Only 9% of deaths were due to Covid-19 alone

Comorbidities were common in those COVID-19 cases admitted to Australian sentinel hospitals (general ward or ICU), with 78% recording at least one of the specified comorbidities; only 9% recorded no comorbidity. The proportion of hospitalised cases with no known comorbidity recorded in U.S hospital surveillance system COVID-NET was also reportedly 9%. By contrast, in the UK, 22.5% of 20,133 hospitalised COVID-19 cases had no recorded comorbidities.  This UK study reports similar prevalence estimates for key comorbidities amongst hospitalised COVID-19 patients as found in Australian data. In sentinel Australian sites, chronic cardiac disease occurred in 29% of hospitalised cases (30.9% in the UK), diabetes in 32% (20.7% UK) and chronic respiratory disease (including asthma) in 31% of hospitalised cases (32% UK study).
Compared to ward-admitted patients, we observed higher prevalence rates amongst those admitted to ICU for almost all specified comorbidities
(Table 7). A history of smoking (current or past smoker) was identified in 31% of those hospitalised (52/166) and 14% those admitted to ICU (41/292).

COVID-19 Australia: Epidemiology Report 22 Fortnightly reporting period ending 2 August 2020: The symptoms reported by COVID-19 cases in Australia are consistent with a mild respiratory infection in the majority of cases. The principal symptoms reported in cases (Figure B.1) were cough (42%), fever (30%), sore throat (27%) and headache (20%). Other symptoms reported include malaise, lethargy or fatigue (20%) and loss of taste or smell (10%). These are currently not standard fields in NNDSS, and are likely to under-represent those presenting with these symptoms.
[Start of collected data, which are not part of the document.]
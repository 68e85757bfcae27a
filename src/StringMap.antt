-- ===== src/StringMap.antt =====
-- `std::map<string, V, less<string>>`: an association list in the order of the keys, which is
-- the order that an iterator visits.
pub mod Laws
pub mod Order
use super_smack.Prelude.{Option, none, some, List, [], ◌∷◌, if◌then◌else◌, Bytes, str_eq, str_lt}

abbrev pub StringMap {ℓ} : Type ℓ → Type ℓ
StringMap V = List (Bytes × V)

module _ {ℓ} {V : Type ℓ} where
  -- `m.find(k)`; `none` for `m.end()`.
  unfoldable pub lookup : Bytes → StringMap V → Option V
  lookup k [] = none
  lookup k ((j, v) ∷ m) = if str_eq j k then some v else lookup k m

  -- `m[k] = v`.
  unfoldable pub insert : Bytes → V → StringMap V → StringMap V
  insert k v [] = (k, v) ∷ []
  insert k v ((j, w) ∷ m) =
      if str_eq j k
      then (k, v) ∷ m
      else if str_lt k j
      then (k, v) ∷ (j, w) ∷ m
      else (j, w) ∷ insert k v m
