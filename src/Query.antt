-- ===== src/Query.antt =====
-- `Query` of src/query.h, and the lines of a query section (`Query_def_line` of src/parse.cc).
use super_smack.Prelude.{◌+◌, Bool, false, ◌&&◌, [], ◌∷◌, if◌then◌else◌, ◌==◌, leb, Bytes}

pub record Query : Type 0 where
  pub query : Bytes
  pub name : Bytes
  pub type_name : Bytes
  pub has_result_set : Bool
  pub parsed : Bool

-- `Query()`
abbrev pub new_query : Query
new_query = record { query = []; name = []; type_name = []; has_result_set = false; parsed = false }

-- The subclasses of `Query_def_line`, each with its `str`.
pub data QueryDefLine : Type 0 where
  name_line query_line parsed_line type_line has_result_set_line : Bytes → QueryDefLine

-- `tolower(str[0]) == 'y'`; the first byte of an empty string is its NUL.
unfoldable pub is_yes : Bytes → Bool
is_yes [] = false
is_yes (c ∷ str) = (if leb b'A' c && leb c b'Z' then c + 32 else c) == b'y'

-- `set_q_param`, which each subclass overrides.
unfoldable pub set_q_param : QueryDefLine → Query → Query
unfolding is_yes
set_q_param (name_line str) q = record q { name = str }
set_q_param (query_line str) q = record q { query = str }
set_q_param (type_line str) q = record q { type_name = str }
set_q_param (has_result_set_line str) q = record q { has_result_set = is_yes str }
set_q_param (parsed_line str) q = record q { parsed = is_yes str }
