-- ===== src/Report/Types.antt =====
-- `Query_type_report` and the updates of `Query_report` in src/query.cc. Times are `int`s, in ms.
use super_smack.Prelude.{Bool, true, false, Option, none, some, if◌then◌else◌, Bytes, ◌==◌}
use super_smack.Prelude.Int.{ℤ, pos, ltb_ℤ, ◌+ᵢ◌}
use super_smack.StringMap.{StringMap, lookup, insert}

pub record TypeReport : Type 0 where
  pub num_queries : ℤ
  pub min_time : ℤ
  pub max_time : ℤ

-- `Query_type_report()`
abbrev pub new_type_report : TypeReport
new_type_report = record { num_queries = pos 0; min_time = pos 0; max_time = pos 0 }

-- A conversion of an `int` to `bool`: `if(n)`.
abbrev pub is_nonzero : ℤ → Bool
is_nonzero (pos n) = if n == 0 then false else true
is_nonzero _ = true

-- `Query_type_report::update(int q_time)`
unfoldable pub update_one : TypeReport → ℤ → TypeReport
update_one r q_time =
    let times =
      if is_nonzero r.num_queries
      then record r { min_time = q_time; max_time = q_time }
      else record r {
        min_time = if ltb_ℤ q_time r.min_time then q_time else r.min_time;
        max_time = if ltb_ℤ r.max_time q_time then q_time else r.max_time;
      } in
    record times { num_queries = times.num_queries +ᵢ pos 1 }

-- `Query_type_report::update(int num_queries, int max_q_time, int min_q_time)`
unfoldable pub update_many : TypeReport → ℤ → ℤ → ℤ → TypeReport
update_many r num_queries max_q_time min_q_time = record {
  num_queries = r.num_queries +ᵢ num_queries;
  min_time = if ltb_ℤ min_q_time r.min_time then min_q_time else r.min_time;
  max_time = if ltb_ℤ r.max_time max_q_time then max_q_time else r.max_time;
}

-- `map<string, Query_type_report*>`; `none` is a null pointer. Each pointer of the program is held
-- by one entry of one map, so a report is kept in the entry itself.
abbrev pub TypeReports : Type 0
TypeReports = StringMap (Option TypeReport)

-- `type_reports[name]`, which adds a null pointer under a name that is missing.
unfoldable pub index : Bytes → TypeReports → Option TypeReport × TypeReports
index name m = elim (lookup name m) [ some r ↦ (r, m) | none ↦ (none, insert name none m) ]

-- `Query_report::update`
unfoldable pub update_type : Bytes → ℤ → TypeReports → TypeReports
unfolding index
update_type type_name q_time m =
    let (qtr, m') = index type_name m in
    elim qtr [ some r ↦ insert type_name (some (update_one r q_time)) m' | none ↦ m' ]

-- The lines of `Query_barrel::add_query_charge` that make room for a query's type.
unfoldable pub add_type : Bytes → TypeReports → TypeReports
unfolding index
add_type type_name m =
    let (qtr, m') = index type_name m in
    elim qtr [ some r ↦ m' | none ↦ insert type_name (some new_type_report) m' ]
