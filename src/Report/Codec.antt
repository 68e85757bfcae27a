-- ===== src/Report/Codec.antt =====
-- `Query_report::fd_send` and `Query_report::update_from_fd` of src/query.cc: how a child sends
-- its report through the pipe, and how the parent adds it to its own.
use super_smack.Prelude.{
  ℕ, zero, suc, ◌+◌, ◌*◌, ◌/◌, ◌%◌, ◌^◌, Bool, Option, none, some, [], ◌∷◌, ◌++◌, if◌then◌else◌,
  ltb, Bytes, length, take, drop, c_str,
}
use super_smack.Prelude.Int.{ℤ, word, signed}
use super_smack.Result.{
  Result, ok, died, crashed, ◌>>=◌, read_error, incomplete_read, write_error, report_overflow,
  invalid_query_type, null_pointer,
}
use super_smack.StringMap.{insert}
use super_smack.Report.Types.{TypeReport, TypeReports, update_many, index}

-- A pipe: the bytes written and not yet read. On a broken one every call returns -1.
pub record Pipe : Type 0 where
  pub pending : Bytes
  pub broken : Bool

-- `read(fd, buf, n)`, with the bytes that came; `none` is -1. Where fewer than `n` bytes are left,
-- it returns those.
unfoldable pub read : Pipe → ℕ → Option (Bytes × Pipe)
read fd n =
    if fd.broken then none else some (take n fd.pending, record fd { pending = drop n fd.pending })

-- `write(fd, buf, len)`; `none` is -1.
unfoldable pub write : Pipe → Bytes → Option Pipe
write fd buf = if fd.broken then none else some (record fd { pending = fd.pending ++ buf })

-- The four bytes of an `int` in memory, the lowest first, and back.
unfoldable pub int_bytes : ℤ → Bytes
int_bytes z =
    let w = word z in (w % 256) ∷ (w / 2 ^ 8 % 256) ∷ (w / 2 ^ 16 % 256) ∷ (w / 2 ^ 24 % 256) ∷ []

unfoldable pub bytes_int : Bytes → ℤ
bytes_int (a ∷ b ∷ c ∷ d ∷ r) = signed (a + b * 2 ^ 8 + c * 2 ^ 16 + d * 2 ^ 24)
bytes_int _ = signed 0

abbrev pub max_report_len : ℕ
max_report_len = 1024

-- One record: `*p++ = (char) str_len`, the name, and the three numbers.
unfoldable pub record_bytes : Bytes → TypeReport → Bytes
unfolding int_bytes
record_bytes name r =
    (length name % 256)
    ∷ (name ++ (int_bytes r.num_queries ++ (int_bytes r.max_time ++ int_bytes r.min_time)))

-- The loop of `fd_send`: `p` is the offset in `buf` at which the next record goes. The result is
-- what is written from there on, and the number of records.
unfoldable pub fill : ℕ → TypeReports → Result (Bytes × ℕ)
unfolding record_bytes
fill p [] = ok ([], 0)
fill p ((name, qtr) ∷ m) =
    let str_len = length name in
    if ltb (p + str_len + 12) max_report_len
    then elim qtr [
      | none ↦ crashed null_pointer
      | some r ↦ (do
        (rest, num_recs) ← fill (p + 1 + str_len + 12) m
        ok (record_bytes name r ++ rest, num_recs + 1))
    ]
    else died report_overflow

-- `if(write(fd, buf, len) != len) die(…)`
unfoldable pub write_or_die : Pipe → Bytes → Result Pipe
unfolding write
write_or_die fd buf = elim (write fd buf) [ none ↦ died write_error | some fd' ↦ ok fd' ]

-- `Query_report::fd_send`
unfoldable pub fd_send : TypeReports → Pipe → Result Pipe
unfolding fill write_or_die
fd_send m fd = do (recs, num_recs) ← fill 1 m; write_or_die fd ((num_recs % 256) ∷ recs)

-- The end of the loop's body: the numbers read are added to the report of that name.
unfoldable pub absorb : Bytes → ℤ → ℤ → ℤ → TypeReports → Result TypeReports
unfolding index
absorb read_q_type read_num_queries read_max_q_time read_min_q_time m =
    let (q, m') = index read_q_type m in
    elim q [
      | some r ↦
          let r' = update_many r read_num_queries read_max_q_time read_min_q_time in
          ok (insert read_q_type (some r') m')
      | none ↦ died (invalid_query_type read_q_type)
    ]

-- The part of the loop's body behind a complete read: `buf` holds the name and the three numbers.
-- The name ends at its first NUL, since four of them are written behind it.
unfoldable pub absorb_record : ℕ → Bytes → TypeReports → Result TypeReports
unfolding bytes_int c_str absorb
absorb_record q_type_len buf =
    absorb (c_str (take q_type_len buf)) (bytes_int (drop q_type_len buf))
      (bytes_int (drop (q_type_len + 4) buf)) (bytes_int (drop (q_type_len + 8) buf))

-- One round of that loop; `none` is the return at the end of the data.
unfoldable pub read_record : Pipe → TypeReports → Result (Option (TypeReports × Pipe))
unfolding read absorb_record
read_record fd m = elim (read fd 1) [
  | none ↦ died read_error
  | some ([], fd') ↦ ok none
  | some (q_type_len ∷ _, fd') ↦ elim (read fd' (q_type_len + 12)) [
    | none ↦ died read_error
    | some (buf, fd'') ↦
        if ltb (length buf) (q_type_len + 12)
        then died incomplete_read
        else (do m' ← absorb_record q_type_len buf m; ok (some (m', fd'')))
  ]
]

-- The loop, with the rounds left.
unfoldable pub read_records : ℕ → Pipe → TypeReports → Result (TypeReports × Pipe)
read_records zero fd m = ok (m, fd)
read_records (suc n) fd m = do
  next ← read_record fd m
  elim next [ none ↦ ok (m, record fd { pending = [] }) | some (m', fd') ↦ read_records n fd' m' ]

-- `Query_report::update_from_fd`
unfoldable pub update_from_fd : Pipe → TypeReports → Result (TypeReports × Pipe)
unfolding read read_records
update_from_fd fd m = elim (read fd 1) [
  | none ↦ died read_error
  | some ([], fd') ↦ ok (m, fd')
  | some (num_recs ∷ _, fd') ↦ read_records num_recs fd' m
]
A small number of cases reported more severe symptoms, with pneumonia and/or acute respiratory disease (ARD) reported in 2% of cases and in 15% of deaths.


  1. Lewis says:

    What is the point of counting cases when such a high number of those testing positive have no symptoms and don’t know they are infected. If we want to save lives we should be isolating the aged care establishments where all the Covid-19 deaths are occurring. The number in ICU and the death rate should be the main concern.

    1. Lyall says:

      It would need to be voluntary unlike the compulsory testing conducted at the Kensington Housing Commission flats. But it is hardly likely that people will sit in a queue for an hour, waiting to be tested, if they have no symptoms. That’s one of the reasons why lock down doesn’t work.

  2. Sel Murray says:

    I have just heard this morning they have detected the Covid-19 virus in Apollo Bay sewerage/waste water. How much is all this testing costing the community and how long are we expected to be in this hand brake and accelerator mode, lifting and then reimposing restrictions, subject to the number of positive tests detected?

  3. Anonyme says:

    The Lancet medical journal which measured government actions alongside COVID-19 mortality rates said, “In our analysis, full lockdowns and wide-spread COVID-19 testing were not associated with reductions in the number of critical cases or overall mortality.”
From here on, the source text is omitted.